→ **ACTION ITEM**
Would you please copy each line of the data in which the string "JobKeeps" occurs?

→ **DATA PROVIDED**

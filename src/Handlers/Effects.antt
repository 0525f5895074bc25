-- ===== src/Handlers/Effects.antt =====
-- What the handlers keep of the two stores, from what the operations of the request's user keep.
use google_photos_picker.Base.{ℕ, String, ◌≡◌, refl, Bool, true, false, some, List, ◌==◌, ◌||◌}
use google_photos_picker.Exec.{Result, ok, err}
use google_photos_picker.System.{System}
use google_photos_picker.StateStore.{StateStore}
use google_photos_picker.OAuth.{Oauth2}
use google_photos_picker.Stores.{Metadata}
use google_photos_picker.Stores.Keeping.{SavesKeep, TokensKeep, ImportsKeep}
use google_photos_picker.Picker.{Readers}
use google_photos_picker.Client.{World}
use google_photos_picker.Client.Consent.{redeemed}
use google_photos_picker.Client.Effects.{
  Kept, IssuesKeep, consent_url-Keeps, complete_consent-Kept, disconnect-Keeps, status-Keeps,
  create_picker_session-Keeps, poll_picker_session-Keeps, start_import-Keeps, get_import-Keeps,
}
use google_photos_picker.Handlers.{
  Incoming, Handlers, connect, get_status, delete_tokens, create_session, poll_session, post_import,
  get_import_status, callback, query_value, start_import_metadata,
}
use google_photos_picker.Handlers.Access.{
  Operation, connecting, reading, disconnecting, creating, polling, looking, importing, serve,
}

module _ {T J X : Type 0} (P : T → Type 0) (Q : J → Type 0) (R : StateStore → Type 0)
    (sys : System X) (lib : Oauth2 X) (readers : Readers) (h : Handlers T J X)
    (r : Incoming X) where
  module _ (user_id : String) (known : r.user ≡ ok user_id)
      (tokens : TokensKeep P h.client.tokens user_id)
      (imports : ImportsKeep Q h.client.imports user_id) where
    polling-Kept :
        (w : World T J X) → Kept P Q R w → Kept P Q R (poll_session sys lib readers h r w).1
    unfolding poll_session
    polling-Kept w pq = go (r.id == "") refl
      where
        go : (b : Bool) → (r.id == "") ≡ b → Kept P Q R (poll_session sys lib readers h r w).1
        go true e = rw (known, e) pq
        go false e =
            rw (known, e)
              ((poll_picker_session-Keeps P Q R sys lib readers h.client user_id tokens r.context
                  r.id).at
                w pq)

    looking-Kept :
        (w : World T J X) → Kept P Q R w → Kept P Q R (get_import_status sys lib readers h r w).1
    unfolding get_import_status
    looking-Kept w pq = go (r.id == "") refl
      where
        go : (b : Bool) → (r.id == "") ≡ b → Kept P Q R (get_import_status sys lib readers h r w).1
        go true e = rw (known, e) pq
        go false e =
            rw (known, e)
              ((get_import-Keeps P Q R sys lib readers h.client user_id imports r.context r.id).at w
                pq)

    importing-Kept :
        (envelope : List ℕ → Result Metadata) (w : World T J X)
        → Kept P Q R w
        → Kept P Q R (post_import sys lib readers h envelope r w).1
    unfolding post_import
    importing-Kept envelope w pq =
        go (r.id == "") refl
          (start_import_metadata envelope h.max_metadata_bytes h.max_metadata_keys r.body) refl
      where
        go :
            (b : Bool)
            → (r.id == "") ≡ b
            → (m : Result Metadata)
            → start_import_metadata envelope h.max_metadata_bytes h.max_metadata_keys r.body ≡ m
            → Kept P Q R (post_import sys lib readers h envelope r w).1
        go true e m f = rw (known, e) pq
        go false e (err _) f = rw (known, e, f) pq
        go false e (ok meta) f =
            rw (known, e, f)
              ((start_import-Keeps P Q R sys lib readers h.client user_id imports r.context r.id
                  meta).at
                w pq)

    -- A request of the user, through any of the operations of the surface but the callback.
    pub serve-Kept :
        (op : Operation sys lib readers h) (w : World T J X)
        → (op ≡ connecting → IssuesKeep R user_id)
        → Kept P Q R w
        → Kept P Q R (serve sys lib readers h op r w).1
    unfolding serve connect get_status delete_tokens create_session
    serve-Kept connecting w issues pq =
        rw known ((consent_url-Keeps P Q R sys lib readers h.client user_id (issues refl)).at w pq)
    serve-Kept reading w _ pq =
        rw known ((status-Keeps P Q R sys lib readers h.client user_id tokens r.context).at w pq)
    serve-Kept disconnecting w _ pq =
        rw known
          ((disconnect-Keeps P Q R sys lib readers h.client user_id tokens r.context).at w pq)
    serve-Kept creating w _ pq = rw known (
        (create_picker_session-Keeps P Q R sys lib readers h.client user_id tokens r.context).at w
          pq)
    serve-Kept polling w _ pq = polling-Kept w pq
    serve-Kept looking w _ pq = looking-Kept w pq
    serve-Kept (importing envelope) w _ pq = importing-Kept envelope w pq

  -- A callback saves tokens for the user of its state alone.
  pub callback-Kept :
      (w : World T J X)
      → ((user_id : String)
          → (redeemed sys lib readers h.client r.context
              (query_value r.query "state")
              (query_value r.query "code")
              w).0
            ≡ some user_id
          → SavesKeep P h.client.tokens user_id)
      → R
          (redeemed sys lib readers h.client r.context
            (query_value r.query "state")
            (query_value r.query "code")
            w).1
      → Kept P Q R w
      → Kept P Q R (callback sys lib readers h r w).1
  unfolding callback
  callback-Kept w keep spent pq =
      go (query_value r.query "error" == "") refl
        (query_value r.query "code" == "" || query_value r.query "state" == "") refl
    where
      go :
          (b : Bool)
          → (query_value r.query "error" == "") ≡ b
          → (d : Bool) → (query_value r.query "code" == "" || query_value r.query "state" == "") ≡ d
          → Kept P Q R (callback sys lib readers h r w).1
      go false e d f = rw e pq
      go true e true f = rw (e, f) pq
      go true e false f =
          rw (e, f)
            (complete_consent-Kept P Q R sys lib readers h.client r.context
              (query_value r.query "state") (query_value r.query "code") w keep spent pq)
==
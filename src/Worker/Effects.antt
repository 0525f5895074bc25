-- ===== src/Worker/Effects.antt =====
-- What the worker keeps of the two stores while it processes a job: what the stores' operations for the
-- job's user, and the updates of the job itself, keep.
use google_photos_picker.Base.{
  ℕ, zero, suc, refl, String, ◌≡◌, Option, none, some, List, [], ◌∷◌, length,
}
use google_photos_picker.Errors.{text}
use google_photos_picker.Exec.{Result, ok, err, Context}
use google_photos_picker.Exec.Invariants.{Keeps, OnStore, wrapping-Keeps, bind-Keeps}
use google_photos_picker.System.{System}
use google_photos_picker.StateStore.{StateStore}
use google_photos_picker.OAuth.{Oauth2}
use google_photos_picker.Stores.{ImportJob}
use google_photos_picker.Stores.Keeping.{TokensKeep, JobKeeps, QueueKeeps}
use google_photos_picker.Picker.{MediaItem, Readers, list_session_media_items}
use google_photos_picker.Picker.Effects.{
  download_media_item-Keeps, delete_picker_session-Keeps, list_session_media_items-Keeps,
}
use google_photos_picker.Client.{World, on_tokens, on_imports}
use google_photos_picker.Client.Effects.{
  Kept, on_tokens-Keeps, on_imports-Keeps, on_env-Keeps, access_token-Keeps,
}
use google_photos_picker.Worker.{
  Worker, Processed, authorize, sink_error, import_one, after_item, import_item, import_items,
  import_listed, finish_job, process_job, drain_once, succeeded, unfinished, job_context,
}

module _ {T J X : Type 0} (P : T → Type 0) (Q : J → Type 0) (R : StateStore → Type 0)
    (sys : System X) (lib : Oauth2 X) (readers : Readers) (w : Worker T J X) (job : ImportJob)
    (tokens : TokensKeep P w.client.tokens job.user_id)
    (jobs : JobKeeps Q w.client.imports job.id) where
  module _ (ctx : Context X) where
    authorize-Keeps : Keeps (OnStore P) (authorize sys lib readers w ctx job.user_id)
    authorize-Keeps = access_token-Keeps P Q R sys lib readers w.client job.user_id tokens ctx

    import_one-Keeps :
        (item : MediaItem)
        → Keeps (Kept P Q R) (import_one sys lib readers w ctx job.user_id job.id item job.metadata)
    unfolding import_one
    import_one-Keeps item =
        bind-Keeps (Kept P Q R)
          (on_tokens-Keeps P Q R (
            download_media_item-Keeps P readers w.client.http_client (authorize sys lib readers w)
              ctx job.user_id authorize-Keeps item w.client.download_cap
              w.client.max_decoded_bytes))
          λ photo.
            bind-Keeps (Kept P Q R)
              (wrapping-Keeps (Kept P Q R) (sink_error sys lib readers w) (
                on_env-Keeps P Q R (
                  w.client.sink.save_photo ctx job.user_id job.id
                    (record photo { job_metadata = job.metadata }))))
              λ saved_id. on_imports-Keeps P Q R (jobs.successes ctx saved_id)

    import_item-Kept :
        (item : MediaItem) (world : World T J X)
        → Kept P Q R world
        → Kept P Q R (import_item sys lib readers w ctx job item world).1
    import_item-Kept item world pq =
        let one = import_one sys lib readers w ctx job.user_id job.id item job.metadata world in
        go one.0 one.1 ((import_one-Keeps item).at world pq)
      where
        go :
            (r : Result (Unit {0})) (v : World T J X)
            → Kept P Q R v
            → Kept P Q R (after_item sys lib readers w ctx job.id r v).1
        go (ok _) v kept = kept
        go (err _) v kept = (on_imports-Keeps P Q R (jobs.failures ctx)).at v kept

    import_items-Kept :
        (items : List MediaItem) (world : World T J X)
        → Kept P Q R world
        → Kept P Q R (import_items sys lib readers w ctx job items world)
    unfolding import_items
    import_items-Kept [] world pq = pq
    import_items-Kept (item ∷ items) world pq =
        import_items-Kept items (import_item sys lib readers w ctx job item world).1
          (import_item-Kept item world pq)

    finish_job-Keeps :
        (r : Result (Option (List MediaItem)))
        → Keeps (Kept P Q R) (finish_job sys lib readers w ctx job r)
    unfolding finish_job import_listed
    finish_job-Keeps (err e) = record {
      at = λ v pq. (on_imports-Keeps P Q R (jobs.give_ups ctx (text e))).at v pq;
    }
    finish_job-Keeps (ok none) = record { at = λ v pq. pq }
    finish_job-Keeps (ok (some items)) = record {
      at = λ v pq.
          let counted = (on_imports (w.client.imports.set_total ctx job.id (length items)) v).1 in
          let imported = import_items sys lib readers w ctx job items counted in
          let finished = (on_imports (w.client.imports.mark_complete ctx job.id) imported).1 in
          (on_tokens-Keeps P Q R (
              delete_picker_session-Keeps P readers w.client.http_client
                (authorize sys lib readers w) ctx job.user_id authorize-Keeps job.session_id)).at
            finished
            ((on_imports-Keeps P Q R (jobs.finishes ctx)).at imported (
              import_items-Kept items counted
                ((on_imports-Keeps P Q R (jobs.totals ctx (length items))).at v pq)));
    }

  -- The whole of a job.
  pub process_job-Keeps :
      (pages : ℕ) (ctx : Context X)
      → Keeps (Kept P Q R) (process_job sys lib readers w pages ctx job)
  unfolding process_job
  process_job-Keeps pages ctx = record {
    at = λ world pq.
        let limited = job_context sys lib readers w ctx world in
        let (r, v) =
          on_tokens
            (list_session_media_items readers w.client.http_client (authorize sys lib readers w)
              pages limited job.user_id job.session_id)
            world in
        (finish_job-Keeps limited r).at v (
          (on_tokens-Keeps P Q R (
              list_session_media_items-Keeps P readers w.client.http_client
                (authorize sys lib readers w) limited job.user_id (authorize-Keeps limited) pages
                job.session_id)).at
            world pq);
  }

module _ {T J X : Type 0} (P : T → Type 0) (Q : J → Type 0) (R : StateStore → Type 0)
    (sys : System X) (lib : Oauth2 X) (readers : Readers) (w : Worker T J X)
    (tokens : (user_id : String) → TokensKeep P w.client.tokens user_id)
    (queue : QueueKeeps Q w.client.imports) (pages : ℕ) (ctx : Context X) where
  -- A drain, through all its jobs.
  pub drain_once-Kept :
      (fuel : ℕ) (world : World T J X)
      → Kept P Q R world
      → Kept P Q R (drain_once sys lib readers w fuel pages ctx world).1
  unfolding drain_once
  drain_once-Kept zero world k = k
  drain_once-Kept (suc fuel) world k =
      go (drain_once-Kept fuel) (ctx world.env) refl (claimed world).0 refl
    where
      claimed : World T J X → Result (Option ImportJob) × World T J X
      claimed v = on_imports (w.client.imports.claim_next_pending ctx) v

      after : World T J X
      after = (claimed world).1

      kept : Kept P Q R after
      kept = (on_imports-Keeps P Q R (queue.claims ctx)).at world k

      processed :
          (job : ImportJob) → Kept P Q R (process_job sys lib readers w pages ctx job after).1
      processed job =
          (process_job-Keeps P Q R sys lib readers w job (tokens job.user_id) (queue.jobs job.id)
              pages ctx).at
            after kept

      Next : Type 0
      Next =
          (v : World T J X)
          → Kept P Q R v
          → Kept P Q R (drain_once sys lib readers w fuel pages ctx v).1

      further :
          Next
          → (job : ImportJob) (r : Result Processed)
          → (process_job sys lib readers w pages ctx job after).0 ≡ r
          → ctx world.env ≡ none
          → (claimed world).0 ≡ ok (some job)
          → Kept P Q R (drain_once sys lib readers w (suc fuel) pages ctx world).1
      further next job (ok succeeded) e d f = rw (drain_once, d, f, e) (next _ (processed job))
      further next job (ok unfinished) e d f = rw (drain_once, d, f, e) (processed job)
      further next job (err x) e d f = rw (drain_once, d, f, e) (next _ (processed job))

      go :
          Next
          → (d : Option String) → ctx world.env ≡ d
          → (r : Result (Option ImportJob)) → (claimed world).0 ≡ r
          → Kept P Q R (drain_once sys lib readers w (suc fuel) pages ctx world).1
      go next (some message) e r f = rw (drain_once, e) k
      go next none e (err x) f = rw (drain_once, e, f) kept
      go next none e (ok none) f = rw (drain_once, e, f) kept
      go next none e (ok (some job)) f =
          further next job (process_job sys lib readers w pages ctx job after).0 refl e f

→ **ANSWER**
use google_photos_picker.Stores.Keeping.{TokensKeep, JobKeeps, QueueKeeps}
    (jobs : JobKeeps Q w.client.imports job.id) where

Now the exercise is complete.